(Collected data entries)

● ● ● ●

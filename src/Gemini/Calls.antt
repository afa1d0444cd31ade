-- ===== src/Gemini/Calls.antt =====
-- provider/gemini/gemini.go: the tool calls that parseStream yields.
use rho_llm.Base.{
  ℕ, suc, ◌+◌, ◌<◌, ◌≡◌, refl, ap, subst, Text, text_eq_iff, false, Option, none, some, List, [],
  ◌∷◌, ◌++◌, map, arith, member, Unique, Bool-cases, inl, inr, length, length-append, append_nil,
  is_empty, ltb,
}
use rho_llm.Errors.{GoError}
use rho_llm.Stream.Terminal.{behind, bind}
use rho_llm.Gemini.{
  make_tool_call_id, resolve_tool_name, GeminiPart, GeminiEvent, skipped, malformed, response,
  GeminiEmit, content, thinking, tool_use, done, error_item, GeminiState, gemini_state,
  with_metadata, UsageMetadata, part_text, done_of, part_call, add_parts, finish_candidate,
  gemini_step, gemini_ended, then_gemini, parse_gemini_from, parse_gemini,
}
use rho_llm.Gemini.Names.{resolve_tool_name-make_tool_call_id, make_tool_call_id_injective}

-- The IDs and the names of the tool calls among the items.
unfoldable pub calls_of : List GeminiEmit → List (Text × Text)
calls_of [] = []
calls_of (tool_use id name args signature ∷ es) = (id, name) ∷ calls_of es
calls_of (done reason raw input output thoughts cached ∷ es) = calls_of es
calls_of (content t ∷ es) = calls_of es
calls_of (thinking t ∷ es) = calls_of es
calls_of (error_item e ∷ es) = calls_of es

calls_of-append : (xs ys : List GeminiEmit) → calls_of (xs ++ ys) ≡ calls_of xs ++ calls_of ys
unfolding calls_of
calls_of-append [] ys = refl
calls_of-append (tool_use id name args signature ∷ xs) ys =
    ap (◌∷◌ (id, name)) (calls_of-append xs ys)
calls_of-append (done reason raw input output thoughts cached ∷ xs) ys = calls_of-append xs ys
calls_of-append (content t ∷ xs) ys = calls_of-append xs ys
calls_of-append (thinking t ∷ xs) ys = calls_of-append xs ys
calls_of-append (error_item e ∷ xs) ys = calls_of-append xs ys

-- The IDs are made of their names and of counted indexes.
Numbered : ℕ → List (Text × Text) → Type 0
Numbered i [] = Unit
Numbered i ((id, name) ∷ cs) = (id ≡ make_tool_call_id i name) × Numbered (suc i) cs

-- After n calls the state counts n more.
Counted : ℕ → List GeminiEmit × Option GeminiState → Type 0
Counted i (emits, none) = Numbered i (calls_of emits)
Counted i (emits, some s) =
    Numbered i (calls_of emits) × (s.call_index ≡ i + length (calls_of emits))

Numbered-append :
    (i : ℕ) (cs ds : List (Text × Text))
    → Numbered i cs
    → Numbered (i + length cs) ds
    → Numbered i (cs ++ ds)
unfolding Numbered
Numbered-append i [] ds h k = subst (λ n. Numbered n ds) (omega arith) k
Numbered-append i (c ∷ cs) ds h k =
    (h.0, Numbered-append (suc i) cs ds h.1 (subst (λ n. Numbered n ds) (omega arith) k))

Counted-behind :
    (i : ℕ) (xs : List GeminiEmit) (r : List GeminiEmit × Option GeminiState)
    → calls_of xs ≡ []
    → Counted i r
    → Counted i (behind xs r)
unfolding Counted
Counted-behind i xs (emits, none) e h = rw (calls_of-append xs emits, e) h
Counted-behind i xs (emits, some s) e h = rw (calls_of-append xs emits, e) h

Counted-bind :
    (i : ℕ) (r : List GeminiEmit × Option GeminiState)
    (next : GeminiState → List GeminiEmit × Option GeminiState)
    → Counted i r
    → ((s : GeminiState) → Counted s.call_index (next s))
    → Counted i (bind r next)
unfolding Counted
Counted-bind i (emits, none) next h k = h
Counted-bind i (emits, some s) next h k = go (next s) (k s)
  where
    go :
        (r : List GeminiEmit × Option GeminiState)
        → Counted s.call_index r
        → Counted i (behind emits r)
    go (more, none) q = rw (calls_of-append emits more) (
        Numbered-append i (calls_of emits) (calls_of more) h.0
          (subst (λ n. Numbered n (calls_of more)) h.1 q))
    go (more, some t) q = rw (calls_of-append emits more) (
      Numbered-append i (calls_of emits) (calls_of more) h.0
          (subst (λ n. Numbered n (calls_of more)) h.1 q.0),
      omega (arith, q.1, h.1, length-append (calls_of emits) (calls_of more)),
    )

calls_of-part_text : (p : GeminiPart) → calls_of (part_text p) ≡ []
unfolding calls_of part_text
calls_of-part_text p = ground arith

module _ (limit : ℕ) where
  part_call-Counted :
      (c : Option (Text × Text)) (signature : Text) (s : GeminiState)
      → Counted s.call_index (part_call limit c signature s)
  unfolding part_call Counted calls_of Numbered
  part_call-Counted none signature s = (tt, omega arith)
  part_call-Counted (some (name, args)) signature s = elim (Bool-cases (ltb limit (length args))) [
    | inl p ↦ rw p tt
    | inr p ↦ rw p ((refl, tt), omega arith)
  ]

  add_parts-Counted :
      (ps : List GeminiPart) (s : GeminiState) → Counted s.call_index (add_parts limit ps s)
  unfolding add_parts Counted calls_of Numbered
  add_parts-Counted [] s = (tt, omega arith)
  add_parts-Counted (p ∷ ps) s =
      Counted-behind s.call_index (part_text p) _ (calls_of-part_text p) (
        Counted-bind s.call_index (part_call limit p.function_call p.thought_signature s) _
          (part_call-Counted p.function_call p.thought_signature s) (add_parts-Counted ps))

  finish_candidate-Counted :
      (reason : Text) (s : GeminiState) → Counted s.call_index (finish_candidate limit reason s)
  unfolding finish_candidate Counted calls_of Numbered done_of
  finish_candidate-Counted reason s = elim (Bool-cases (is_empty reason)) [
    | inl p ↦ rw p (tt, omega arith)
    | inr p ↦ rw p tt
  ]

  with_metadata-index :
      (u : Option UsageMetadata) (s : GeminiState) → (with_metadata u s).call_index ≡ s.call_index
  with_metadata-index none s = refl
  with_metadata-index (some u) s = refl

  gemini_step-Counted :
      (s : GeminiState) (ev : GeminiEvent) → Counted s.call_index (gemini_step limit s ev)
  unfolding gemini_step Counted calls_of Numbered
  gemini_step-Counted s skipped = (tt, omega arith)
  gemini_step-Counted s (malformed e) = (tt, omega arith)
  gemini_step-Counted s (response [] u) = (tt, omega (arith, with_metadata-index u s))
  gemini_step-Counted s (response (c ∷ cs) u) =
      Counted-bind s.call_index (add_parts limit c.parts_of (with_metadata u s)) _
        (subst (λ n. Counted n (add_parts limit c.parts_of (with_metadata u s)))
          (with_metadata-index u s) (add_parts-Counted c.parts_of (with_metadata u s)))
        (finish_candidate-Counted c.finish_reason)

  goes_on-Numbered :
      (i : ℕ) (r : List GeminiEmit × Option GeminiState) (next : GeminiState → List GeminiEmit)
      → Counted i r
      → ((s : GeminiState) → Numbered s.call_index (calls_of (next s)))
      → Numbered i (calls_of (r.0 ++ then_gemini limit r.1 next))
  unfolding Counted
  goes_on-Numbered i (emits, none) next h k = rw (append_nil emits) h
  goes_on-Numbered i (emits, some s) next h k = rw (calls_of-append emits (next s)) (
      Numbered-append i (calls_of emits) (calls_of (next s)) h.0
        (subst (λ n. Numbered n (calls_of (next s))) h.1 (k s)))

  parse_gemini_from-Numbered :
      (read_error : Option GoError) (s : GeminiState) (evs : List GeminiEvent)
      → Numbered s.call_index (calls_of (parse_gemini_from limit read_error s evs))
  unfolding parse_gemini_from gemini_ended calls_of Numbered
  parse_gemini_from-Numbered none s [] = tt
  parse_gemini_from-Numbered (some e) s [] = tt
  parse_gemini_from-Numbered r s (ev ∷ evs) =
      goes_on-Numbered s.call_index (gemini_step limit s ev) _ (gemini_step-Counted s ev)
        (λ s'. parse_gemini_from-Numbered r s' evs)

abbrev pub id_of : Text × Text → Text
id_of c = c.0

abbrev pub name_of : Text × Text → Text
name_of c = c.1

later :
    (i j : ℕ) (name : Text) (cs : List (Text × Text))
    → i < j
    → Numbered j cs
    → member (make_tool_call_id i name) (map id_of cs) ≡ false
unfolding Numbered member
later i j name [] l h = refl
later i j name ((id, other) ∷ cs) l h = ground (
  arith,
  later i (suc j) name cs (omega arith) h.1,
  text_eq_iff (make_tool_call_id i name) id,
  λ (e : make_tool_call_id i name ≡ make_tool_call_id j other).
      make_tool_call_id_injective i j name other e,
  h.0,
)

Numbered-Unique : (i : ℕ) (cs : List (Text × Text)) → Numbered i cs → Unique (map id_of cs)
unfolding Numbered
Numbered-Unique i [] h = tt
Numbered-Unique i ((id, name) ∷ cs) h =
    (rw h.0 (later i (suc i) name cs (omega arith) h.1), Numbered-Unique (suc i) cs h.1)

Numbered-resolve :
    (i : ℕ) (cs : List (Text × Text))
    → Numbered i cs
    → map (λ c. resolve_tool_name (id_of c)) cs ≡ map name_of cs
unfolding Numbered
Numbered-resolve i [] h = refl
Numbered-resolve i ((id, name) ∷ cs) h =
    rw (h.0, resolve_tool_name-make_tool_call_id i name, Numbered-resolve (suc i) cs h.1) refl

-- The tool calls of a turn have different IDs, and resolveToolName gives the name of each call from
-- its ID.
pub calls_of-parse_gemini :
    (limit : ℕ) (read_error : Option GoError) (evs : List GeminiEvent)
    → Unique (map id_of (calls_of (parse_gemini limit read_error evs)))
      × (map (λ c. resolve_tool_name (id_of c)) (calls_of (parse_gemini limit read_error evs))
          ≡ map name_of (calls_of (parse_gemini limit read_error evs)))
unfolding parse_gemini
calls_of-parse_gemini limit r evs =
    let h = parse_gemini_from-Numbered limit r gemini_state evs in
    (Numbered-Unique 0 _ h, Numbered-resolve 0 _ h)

● ● ● ●

- EXERCISE AIM: If a line in the records has the word "cases", copy that line.

- SOLUTION:
  ◌∷◌, ◌++◌, map, arith, member, Unique, Bool-cases, inl, inr, length, length-append, append_nil,
  part_call-Counted (some (name, args)) signature s = elim (Bool-cases (ltb limit (length args))) [
  finish_candidate-Counted reason s = elim (Bool-cases (is_empty reason)) [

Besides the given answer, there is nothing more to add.